(Extracted records begins)

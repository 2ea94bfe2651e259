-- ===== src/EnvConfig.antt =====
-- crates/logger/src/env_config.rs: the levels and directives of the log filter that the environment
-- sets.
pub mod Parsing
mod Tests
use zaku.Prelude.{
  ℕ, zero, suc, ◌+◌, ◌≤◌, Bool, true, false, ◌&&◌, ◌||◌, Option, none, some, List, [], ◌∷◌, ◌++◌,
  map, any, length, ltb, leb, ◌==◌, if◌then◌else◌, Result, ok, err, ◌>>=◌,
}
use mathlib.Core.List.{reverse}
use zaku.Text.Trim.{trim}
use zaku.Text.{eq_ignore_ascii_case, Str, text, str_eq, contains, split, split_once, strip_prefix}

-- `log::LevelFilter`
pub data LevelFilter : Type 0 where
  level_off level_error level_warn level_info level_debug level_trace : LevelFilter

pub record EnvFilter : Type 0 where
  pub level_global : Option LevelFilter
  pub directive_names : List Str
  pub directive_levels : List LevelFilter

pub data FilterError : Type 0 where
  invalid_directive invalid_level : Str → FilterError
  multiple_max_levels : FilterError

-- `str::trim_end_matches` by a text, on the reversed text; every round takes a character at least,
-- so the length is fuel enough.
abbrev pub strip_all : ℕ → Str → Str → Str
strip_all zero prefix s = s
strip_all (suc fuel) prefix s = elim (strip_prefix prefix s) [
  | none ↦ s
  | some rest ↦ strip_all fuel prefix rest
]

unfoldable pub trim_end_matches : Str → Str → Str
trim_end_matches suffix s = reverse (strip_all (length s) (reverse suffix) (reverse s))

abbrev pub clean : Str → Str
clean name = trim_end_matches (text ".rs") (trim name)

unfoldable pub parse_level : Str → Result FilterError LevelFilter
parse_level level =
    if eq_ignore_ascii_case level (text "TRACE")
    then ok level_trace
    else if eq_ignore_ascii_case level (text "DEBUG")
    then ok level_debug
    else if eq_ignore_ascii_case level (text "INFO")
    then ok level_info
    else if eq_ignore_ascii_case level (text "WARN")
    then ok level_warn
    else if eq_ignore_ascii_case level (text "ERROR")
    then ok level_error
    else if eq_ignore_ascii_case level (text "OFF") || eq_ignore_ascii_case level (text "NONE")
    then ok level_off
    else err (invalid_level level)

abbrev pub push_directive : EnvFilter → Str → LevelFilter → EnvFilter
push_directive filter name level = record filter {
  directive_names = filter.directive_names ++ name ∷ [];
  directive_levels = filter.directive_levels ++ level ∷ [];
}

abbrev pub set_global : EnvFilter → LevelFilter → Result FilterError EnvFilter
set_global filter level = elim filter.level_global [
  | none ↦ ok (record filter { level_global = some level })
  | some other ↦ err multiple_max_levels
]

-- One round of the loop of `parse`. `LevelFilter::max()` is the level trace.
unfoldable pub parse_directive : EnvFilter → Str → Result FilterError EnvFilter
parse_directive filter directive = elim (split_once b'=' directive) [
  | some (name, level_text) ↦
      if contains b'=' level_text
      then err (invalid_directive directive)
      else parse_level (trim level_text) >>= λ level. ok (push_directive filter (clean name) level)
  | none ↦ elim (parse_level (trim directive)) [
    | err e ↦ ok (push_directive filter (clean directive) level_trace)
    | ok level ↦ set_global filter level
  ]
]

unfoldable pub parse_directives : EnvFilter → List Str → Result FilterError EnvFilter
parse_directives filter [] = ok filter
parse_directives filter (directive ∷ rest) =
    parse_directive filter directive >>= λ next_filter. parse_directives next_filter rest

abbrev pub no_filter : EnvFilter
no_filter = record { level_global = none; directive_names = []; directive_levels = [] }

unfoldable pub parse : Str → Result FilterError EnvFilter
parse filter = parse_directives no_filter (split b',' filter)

(Extracted records ends)

> **Exercise details**
Restate the material exactly as given.

> **Solution below**
repository 2ea94bfe2651e259
-- ===== src/EnvConfig.antt =====
-- crates/logger/src/env_config.rs: the levels and directives of the log filter that the environment
-- sets.
pub mod Parsing
mod Tests
use zaku.Prelude.{
  ℕ, zero, suc, ◌+◌, ◌≤◌, Bool, true, false, ◌&&◌, ◌||◌, Option, none, some, List, [], ◌∷◌, ◌++◌,
  map, any, length, ltb, leb, ◌==◌, if◌then◌else◌, Result, ok, err, ◌>>=◌,
}
use mathlib.Core.List.{reverse}
use zaku.Text.Trim.{trim}
use zaku.Text.{eq_ignore_ascii_case, Str, text, str_eq, contains, split, split_once, strip_prefix}

-- `log::LevelFilter`
pub data LevelFilter : Type 0 where
  level_off level_error level_warn level_info level_debug level_trace : LevelFilter

pub record EnvFilter : Type 0 where
  pub level_global : Option LevelFilter
  pub directive_names : List Str
  pub directive_levels : List LevelFilter

pub data FilterError : Type 0 where
  invalid_directive invalid_level : Str → FilterError
  multiple_max_levels : FilterError

-- `str::trim_end_matches` by a text, on the reversed text; every round takes a character at least,
-- so the length is fuel enough.
abbrev pub strip_all : ℕ → Str → Str → Str
strip_all zero prefix s = s
strip_all (suc fuel) prefix s = elim (strip_prefix prefix s) [
  | none ↦ s
  | some rest ↦ strip_all fuel prefix rest
]

unfoldable pub trim_end_matches : Str → Str → Str
trim_end_matches suffix s = reverse (strip_all (length s) (reverse suffix) (reverse s))

abbrev pub clean : Str → Str
clean name = trim_end_matches (text ".rs") (trim name)

unfoldable pub parse_level : Str → Result FilterError LevelFilter
parse_level level =
    if eq_ignore_ascii_case level (text "TRACE")
    then ok level_trace
    else if eq_ignore_ascii_case level (text "DEBUG")
    then ok level_debug
    else if eq_ignore_ascii_case level (text "INFO")
    then ok level_info
    else if eq_ignore_ascii_case level (text "WARN")
    then ok level_warn
    else if eq_ignore_ascii_case level (text "ERROR")
    then ok level_error
    else if eq_ignore_ascii_case level (text "OFF") || eq_ignore_ascii_case level (text "NONE")
    then ok level_off
    else err (invalid_level level)

abbrev pub push_directive : EnvFilter → Str → LevelFilter → EnvFilter
push_directive filter name level = record filter {
  directive_names = filter.directive_names ++ name ∷ [];
  directive_levels = filter.directive_levels ++ level ∷ [];
}

abbrev pub set_global : EnvFilter → LevelFilter → Result FilterError EnvFilter
set_global filter level = elim filter.level_global [
  | none ↦ ok (record filter { level_global = some level })
  | some other ↦ err multiple_max_levels
]

-- One round of the loop of `parse`. `LevelFilter::max()` is the level trace.
unfoldable pub parse_directive : EnvFilter → Str → Result FilterError EnvFilter
parse_directive filter directive = elim (split_once b'=' directive) [
  | some (name, level_text) ↦
      if contains b'=' level_text
      then err (invalid_directive directive)
      else parse_level (trim level_text) >>= λ level. ok (push_directive filter (clean name) level)
  | none ↦ elim (parse_level (trim directive)) [
    | err e ↦ ok (push_directive filter (clean directive) level_trace)
    | ok level ↦ set_global filter level
  ]
]

unfoldable pub parse_directives : EnvFilter → List Str → Result FilterError EnvFilter
parse_directives filter [] = ok filter
parse_directives filter (directive ∷ rest) =
    parse_directive filter directive >>= λ next_filter. parse_directives next_filter rest

abbrev pub no_filter : EnvFilter
no_filter = record { level_global = none; directive_names = []; directive_levels = [] }

unfoldable pub parse : Str → Result FilterError EnvFilter
parse filter = parse_directives no_filter (split b',' filter)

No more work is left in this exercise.